My first party I ever did, last year, I didn't have a theme. And while it was a flop I do recall those who were/did attend having a hard time coming up with costumes. So I'm going to do something really easy and yet fun I think. Classic Halloween! Witches, Vampires, Goblins, Zombies, Werewolfs, etc. Not only can I decorate with what I have without themeing it out a lot, but everyone will have an easy time picking a costume.


----------



## Trinity1 (Sep 5, 2009)

Welcome back! Glad things are going better for you. I don't know who Johnny is either. Sounds like a good theme though. I agree too that you should do what ever it is that makes you happy. Keep us posted on your progress! 

Sahri21: I had the same idea for this coming Halloween. Doing more of a classic/retro theme. I've seen some really great retro decorations around and about. Sounds like a great idea for you as well!


----------



## theicewitch (Oct 2, 2008)

Good Luck with 2010 and Johnny and I second the use of a theme it really helps guests find costume ideas.

It must really be a year for Classic Halloween. We are moving to a new "Haunt" this summer (after 11 Halloween Parties in the Old Victorian) so It will be a brand new experience. I decided on an old school Halloween theme for my party this year too to start the new place out right.


----------



## Trinity1 (Sep 5, 2009)

theicewitch said:


> Good Luck with 2010 and Johnny and I second the use of a theme it really helps guests find costume ideas.
> 
> It must really be a year for Classic Halloween. We are moving to a new "Haunt" this summer (after 11 Halloween Parties in the Old Victorian) so It will be a brand new experience. I decided on an old school Halloween theme for my party this year too to start the new place out right.

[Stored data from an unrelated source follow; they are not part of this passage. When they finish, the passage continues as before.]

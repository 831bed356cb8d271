-- ===== src/Samples.antt =====
-- A map with three records, for tests.
use b_link.Prelude.{ℕ, zero, suc, true, ◌≡◌, refl, sym, ap, ◌∙◌, Option, none, [], ◌∷◌, arith}
use b_link.Ord.{nat_ord}
use b_link.Node.{Addr, Node, LeafNode, leaf}
use b_link.Map.{BLinkMap}
use b_link.Map.Reads.{Models}
use b_link.Records.{lookup}
use b_link.Tree.{Tree}
use b_link.Tree.Invariant.{Inv}
use b_link.Tree.Invariant.Contents.{Represents}
use b_link.Tree.Invariant.New.{empty_leaf, empty-Inv}
use b_link.Tree.Invariant.Write

module _ {V : Type 0} (value : ℕ → V) where
  abbrev pub records : LeafNode ℕ V
  records = record {
    entries =
        record { key = 1; value = value 1 }
        ∷ record { key = 3; value = value 3 }
        ∷ record { key = 5; value = value 5 }
        ∷ [];
  }

  abbrev pub root : Node ℕ V
  root = record {
    is_root = true;
    low_key = none;
    high_key = none;
    previous = none;
    right = none;
    kind = leaf records;
  }

  abbrev pub tree : Tree ℕ V
  tree = record { pages = root ∷ []; root = 0; len = 3 }

  abbrev pub map : BLinkMap ℕ V
  map = record { tree = tree }

  abbrev pub level : Addr → ℕ
  level a = 0

  abbrev pub contents : ℕ → Option V
  contents k = lookup records.entries k

  pub tree-Inv : Inv 3 tree level
  tree-Inv =
      Write.written-Inv (empty-Inv 3 (omega arith)) 0 empty_leaf refl (record { entries = [] })
        records refl 3
        (record {
          sorted = ((refl, (refl, tt)), ((refl, tt), (tt, tt)));
          within = ((tt, tt), ((tt, tt), ((tt, tt), tt)));
          bounded = omega arith;
        })
        (λ other. absurd (other refl)) refl

  pub tree-Represents : Represents tree contents
  tree-Represents zero p c k at is owns =
      let page : root ≡ p = cc in
      let kinds : leaf records ≡ leaf c = ap (λ (x : Node ℕ V). x.kind) page ∙ is in
      let same : records ≡ c = cc in ap (λ (x : LeafNode ℕ V). lookup x.entries k) (sym same)
  tree-Represents (suc a) p c k at is owns = absurd cc

  pub map-Models : Models 3 map contents
  map-Models = record { level = level; ordered = tree-Inv; stands_for = tree-Represents }
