-- ===== src/Iter/Tests.antt =====
-- An iterator and a range over a map with the keys 1, 3 and 5.
use b_link.Prelude.{
  ℕ, ◌+◌, ◌*◌, ◌≡◌, refl, ◌⊎◌, true, false, Option, some, List, [], ◌∷◌, length, ok, panic, Settles,
  Settles-now,
}
use b_link.Ord.{nat_ord}
use b_link.Bound.{unbounded, included, excluded}
use b_link.Node.{Addr, Entry}
use b_link.Array.Bounded
use b_link.Handle
use b_link.Handle.{EntryRef, entry_kind}
use b_link.Iter.{Iter, Range, RangeBounds, iter_new, range_new, clone_key}
use b_link.Iter.Next.{iter_next, range_next}
use b_link.Iter.Steps.{RangeSteps, range_next-RangeSteps}
use b_link.Iter.Collect.{entries, entries-Lists}
use b_link.Iter.Lists.{Lists}
use b_link.Iter.Ranged.{range_entries, range_of, range_entries-Lists}
use b_link.Iter.Valid.{IsInverted, range_new-IsInverted}
use b_link.Iter.Walk.{Walk, starts, yields, Walked, Walk-Walked}
use b_link.Samples.{tree, contents, tree-Inv, tree-Represents, root, level}
use b_link.Node.{route}
use b_link.Node.Leaf.{search}
use b_link.Tree.{leaf_read_for}
use b_link.Tree.Read.{entry_at_or_after, first_entry, last_entry, index_after}
use b_link.Tree.Read.Seek.{Seeks}
use b_link.Tree.Read.After.{entry_at_or_after-Seeks}
use b_link.Tree.Read.Ends.{IsLast, first_entry-Seeks, last_entry-IsLast}

abbrev tens : ℕ → ℕ
tens k = k * 10

abbrev middle : RangeBounds ℕ
middle = record { start_bound = excluded 1; end_bound = included 4 }

entry_at_or_after-Seeks_example :
    (r : Option (Addr × ℕ)) × Settles (λ rounds. entry_at_or_after rounds (tree tens) 2 true) r
    × Seeks (tree tens) (contents tens) (included 2) r
entry_at_or_after-Seeks_example =
    entry_at_or_after-Seeks (tree-Inv tens) (contents tens) (tree-Represents tens) 2 true

first_entry-Seeks_example :
    (r : Option (Addr × ℕ)) × Settles (λ rounds. first_entry rounds (tree tens)) r
    × Seeks (tree tens) (contents tens) unbounded r
first_entry-Seeks_example = first_entry-Seeks (tree-Inv tens) (contents tens) (tree-Represents tens)

last_entry-IsLast_example :
    (r : Option (Addr × ℕ)) × Settles (λ rounds. last_entry rounds (tree tens)) r
    × IsLast (tree tens) (contents tens) r
last_entry-IsLast_example = last_entry-IsLast (tree-Inv tens) (contents tens) (tree-Represents tens)

entries-Lists_example :
    (es : List (Entry ℕ ℕ)) × Settles (λ rounds. entries 4 rounds (tree tens) iter_new) es
    × Lists (contents tens) unbounded unbounded es
    × (length es ≡ 3)
entries-Lists_example = entries-Lists (tree-Inv tens) (contents tens) (tree-Represents tens)

range_entries-Lists_example :
    (es : List (Entry ℕ ℕ)) × Settles
      (λ rounds. range_entries 4 rounds (tree tens) (range_of middle))
      es
    × Lists (contents tens) (excluded 1) (included 4) es
range_entries-Lists_example =
    range_entries-Lists (tree-Inv tens) (contents tens) (tree-Represents tens) middle

range_next-RangeSteps_example :
    (out : Range ℕ × Option (EntryRef ℕ ℕ)) × Settles
      (λ rounds. range_next rounds (tree tens) (range_of middle))
      out
    × RangeSteps (contents tens) middle (excluded 1) out
range_next-RangeSteps_example =
    range_next-RangeSteps (tree-Inv tens) (contents tens) (tree-Represents tens) (range_of middle)
      refl (λ begun. absurd cc)

abbrev empty_bounds : RangeBounds ℕ
empty_bounds = record { start_bound = excluded 3; end_bound = excluded 3 }

range_new-IsInverted_example :
    ((range_new empty_bounds ≡ ok (range_of empty_bounds))
      × (IsInverted {K = ℕ} (excluded 3) (excluded 3) → ⊥))
    ⊎ ((range_new empty_bounds ≡ panic) × IsInverted {K = ℕ} (excluded 3) (excluded 3))
range_new-IsInverted_example = range_new-IsInverted {K = ℕ} (excluded 3) (excluded 3)

-- The first call gives the record of the key 1; then the values of the map are replaced, and the
-- second call gives the key 3.
abbrev after_one : Iter ℕ
after_one = record { last = some 1; finished = false }

abbrev first_ref : EntryRef ℕ ℕ
first_ref = record { guard = root tens; index = 0 }

abbrev second_ref : EntryRef ℕ ℕ
second_ref = record { guard = root (λ k. k + 7); index = 1 }

abbrev after_three : Iter ℕ
after_three = record { last = some 3; finished = false }

first_call : Settles (λ rounds. iter_next rounds (tree tens) iter_new) (after_one, some first_ref)
unfolding iter_next first_entry clone_key
first_call =
    Settles-now (λ rounds. iter_next rounds (tree tens) iter_new) (after_one, some first_ref)
      (λ r. refl)

second_call :
    Settles
      (λ rounds. iter_next rounds (tree (λ k. k + 7)) after_one)
      (after_three, some second_ref)
unfolding iter_next entry_at_or_after leaf_read_for search route clone_key index_after
second_call =
    Settles-now (λ rounds. iter_next rounds (tree (λ k. k + 7)) after_one)
      (after_three, some second_ref) (λ r. refl)

two_calls :
    Walk 3 after_three
      (record { key = 3; value = 10 } ∷ record { key = 1; value = 10 } ∷ [])
      (contents (λ k. k + 7) ∷ contents tens ∷ [])
unfolding Handle.entry entry_kind Bounded.index
two_calls =
    yields
      (yields starts (tree tens) (level tens) (tree-Inv tens) (contents tens) (tree-Represents tens)
        after_one first_ref first_call (record { key = 1; value = 10 }) refl)
      (tree (λ k. k + 7)) (level tens) (tree-Inv (λ k. k + 7)) (contents (λ k. k + 7))
      (tree-Represents (λ k. k + 7)) after_three second_ref second_call
      (record { key = 3; value = 10 }) refl

Walk-Walked_example :
    Walked after_three
      (record { key = 3; value = 10 } ∷ record { key = 1; value = 10 } ∷ [])
      (contents (λ k. k + 7) ∷ contents tens ∷ [])
Walk-Walked_example = Walk-Walked two_calls
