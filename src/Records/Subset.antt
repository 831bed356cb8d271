-- ===== src/Records/Subset.antt =====
-- Records in order whose keys are among the keys of other records in order.
use b_link.Prelude.{◌≤◌, ◌≡◌, ◌≢◌, refl, inl, inr, none, List, [], ◌∷◌, arith, length}
use b_link.Ord.{Ord, Ordering-cases, ◌≺◌, ◌≼◌, ◌≈◌, cmp_refl, lt_of_lt_of_le}
use b_link.Node.{Entry}
use b_link.Records.{lookup, IsSorted}
use b_link.Records.Laws.{lookup-After, All-After_trans, All-After_congr}

module _ {K V : Type 0} ⦃o : Ord K⦄ where
  -- Each key of the one list is in the other.
  abbrev pub Among : List (Entry K V) → List (Entry K V) → Type 0
  Among xs ys = (k : K) → lookup xs k ≢ none → lookup ys k ≢ none

  pub lookup_first : (x : Entry K V) (xs : List (Entry K V)) → lookup (x ∷ xs) x.key ≢ none
  unfolding lookup
  lookup_first x xs gone = let same = cmp_refl x.key in ground arith

  lookup_equal :
      (x : Entry K V) (xs : List (Entry K V)) (k : K) → x.key ≈ k → lookup (x ∷ xs) k ≢ none
  unfolding lookup
  lookup_equal x xs k same gone = ground arith

  -- What stands in a list in order is not below its first record.
  first_le :
      (x : Entry K V) (xs : List (Entry K V)) (k : K)
      → IsSorted (x ∷ xs)
      → lookup (x ∷ xs) k ≢ none
      → x.key ≼ k
  first_le x xs k s there less =
      there (lookup-After (x ∷ xs) k (less, All-After_trans xs k x.key less s.0))

  rest_gt :
      (x : Entry K V) (xs : List (Entry K V)) (k : K)
      → IsSorted (x ∷ xs)
      → lookup xs k ≢ none
      → x.key ≺ k
  rest_gt x xs k s there = elim (Ordering-cases (o.cmp x.key k)) [
    | inl less ↦ less
    | inr (inl equal) ↦ absurd (there (lookup-After xs k (All-After_congr xs x.key k equal s.0)))
    | inr (inr greater) ↦ absurd (
        there
          (lookup-After xs k (All-After_trans xs k x.key (ground (arith, o.cmp_swap x.key k)) s.0)))
  ]

  skip :
      (x : Entry K V) (xs : List (Entry K V)) (k : K) → x.key ≺ k → lookup (x ∷ xs) k ≡ lookup xs k
  unfolding lookup
  skip x xs k less = ground arith

  -- What is among the records from a lower one on is among the rest of them.
  skip_lower :
      (x y : Entry K V) (xs ys : List (Entry K V))
      → IsSorted (x ∷ xs)
      → y.key ≺ x.key
      → Among (x ∷ xs) (y ∷ ys)
      → Among (x ∷ xs) ys
  skip_lower x y xs ys s less among k there gone =
      let below = lt_of_lt_of_le y.key x.key k less (first_le x xs k s there) in
      among k there (rw (skip y ys k below) gone)

  skip_equal :
      (x y : Entry K V) (xs ys : List (Entry K V))
      → IsSorted (x ∷ xs)
      → y.key ≈ x.key
      → Among (x ∷ xs) (y ∷ ys)
      → Among xs ys
  skip_equal x y xs ys s equal among k there gone =
      let above = rest_gt x xs k s there in
      let below : y.key ≺ k = ground (arith, o.cmp_congr y.key x.key k) in
      among k (λ none_there. there (rw (skip x xs k above) at none_there))
        (rw (skip y ys k below) gone)

  not_lower :
      (x y : Entry K V) (xs ys : List (Entry K V))
      → IsSorted (y ∷ ys)
      → Among (x ∷ xs) (y ∷ ys)
      → y.key ≼ x.key
  not_lower x y xs ys s among less =
      among x.key (lookup_first x xs)
        (lookup-After (y ∷ ys) x.key (less, All-After_trans ys x.key y.key less s.0))

  -- A list among another is not longer.
  pub Among-length :
      (xs ys : List (Entry K V)) → IsSorted xs → IsSorted ys → Among xs ys → length xs ≤ length ys
  unfolding lookup
  Among-length [] ys s s' among = omega arith
  Among-length (x ∷ xs) [] s s' among = absurd (among x.key (lookup_first x xs) refl)
  Among-length (x ∷ xs) (y ∷ ys) s s' among = elim (Ordering-cases (o.cmp y.key x.key)) [
    | inl less ↦ omega (arith, Among-length (x ∷ xs) ys s s'.1 (skip_lower x y xs ys s less among))
    | inr (inl equal) ↦
        omega (arith, Among-length xs ys s.1 s'.1 (skip_equal x y xs ys s equal among))
    | inr (inr greater) ↦
        absurd (not_lower x y xs ys s' among (ground (arith, o.cmp_swap y.key x.key)))
  ]

  back_equal :
      (x y : Entry K V) (xs ys : List (Entry K V)) (k : K)
      → IsSorted (y ∷ ys)
      → y.key ≈ x.key
      → lookup (y ∷ ys) k ≢ none
      → lookup (x ∷ xs) k ≡ none
      → (lookup ys k ≢ none → lookup xs k ≢ none)
      → ⊥
  back_equal x y xs ys k s equal there gone back = elim (Ordering-cases (o.cmp y.key k)) [
    | inl less ↦
        let above : x.key ≺ k = ground (arith, o.cmp_congr y.key x.key k) in
        back (λ none_there. there (rw (skip y ys k less) none_there))
          (rw (skip x xs k above) at gone)
    | inr (inl same) ↦
        let same' : x.key ≈ k = ground (arith, o.cmp_congr y.key x.key k) in
        lookup_equal x xs k same' gone
    | inr (inr greater) ↦
        let less : k ≺ y.key = ground (arith, o.cmp_swap y.key k) in
        there (lookup-After (y ∷ ys) k (less, All-After_trans ys k y.key less s.0))
  ]

  -- Of two lists of a length, one among the other, each is among the other.
  pub Among-back :
      (xs ys : List (Entry K V))
      → IsSorted xs
      → IsSorted ys
      → Among xs ys
      → length ys ≤ length xs
      → Among ys xs
  unfolding lookup
  Among-back xs [] s s' among size k there gone = absurd (there refl)
  Among-back [] (y ∷ ys) s s' among size k there gone = absurd (omega arith)
  Among-back (x ∷ xs) (y ∷ ys) s s' among size k there gone =
      elim (Ordering-cases (o.cmp y.key x.key)) [
        | inl less ↦
            let fits = Among-length (x ∷ xs) ys s s'.1 (skip_lower x y xs ys s less among) in
            absurd (omega (arith, fits, size))
        | inr (inl equal) ↦
            back_equal x y xs ys k s' equal there gone
              (Among-back xs ys s.1 s'.1 (skip_equal x y xs ys s equal among) (omega arith) k)
        | inr (inr greater) ↦
            absurd (not_lower x y xs ys s' among (ground (arith, o.cmp_swap y.key x.key)))
      ]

What are some of your ideas for your party this year? I'm just curious....I need some good ideas for Halloween 2010!


----------



## BlackCrow (Sep 13, 2009)

I'm doing Victorian themed Masquerade with an old graveyard, witch stirring cauldron, and various other ideas! Kinda like haunted mansion decor?


----------



## Sahri21 (Oct 16, 2009)

That sounds so fun! I wish I could count on my friends to be as equally Halloweenie as I am but seeing as none of them showed up last year, I can't count on them to get into my party that much this year.


----------



## BlackCrow (Sep 13, 2009)

Thanks! Every year I make gigantic plans for props, food, and decor. But sometimes it just doesn't work out and ends up being just a classic halloween party  Hopefully, this year, I'll do all the props and such that I was planning  Lol my friends are totally different, its too hard for them to stick to a theme costume-wise  But classic halloween is really fun, and u can really do whatever kind of food you want too


----------



## Si-cotik (Aug 12, 2009)

welcome back!!! can't wait to see what you come up with


----------



## Sugar_Skull (Sep 26, 2009)

JTHM is totally do-able. I own all the issues and had to dig them up to refresh my memory, it's been a long time. I suggest a lot of blood splatter, things you can use as weapons scattered about (the bloodier the better, maybe make like a rack to hold them or something), broken mirrors, things nailed to the walls. You could have cute dismembered dolls and body parts strewn about. You may also want to make use of the colours purple and red which are synonymous with Jhonen. I think making doughboys is a sweet idea, if the styrofoam doesn't work out try pâpier maché, and making a felt fillerbunny would be cool too....especially if you kept him in an illuminated tube... Oh yeah you should probably draw noodle boy on something. 
Hope that helps.


----------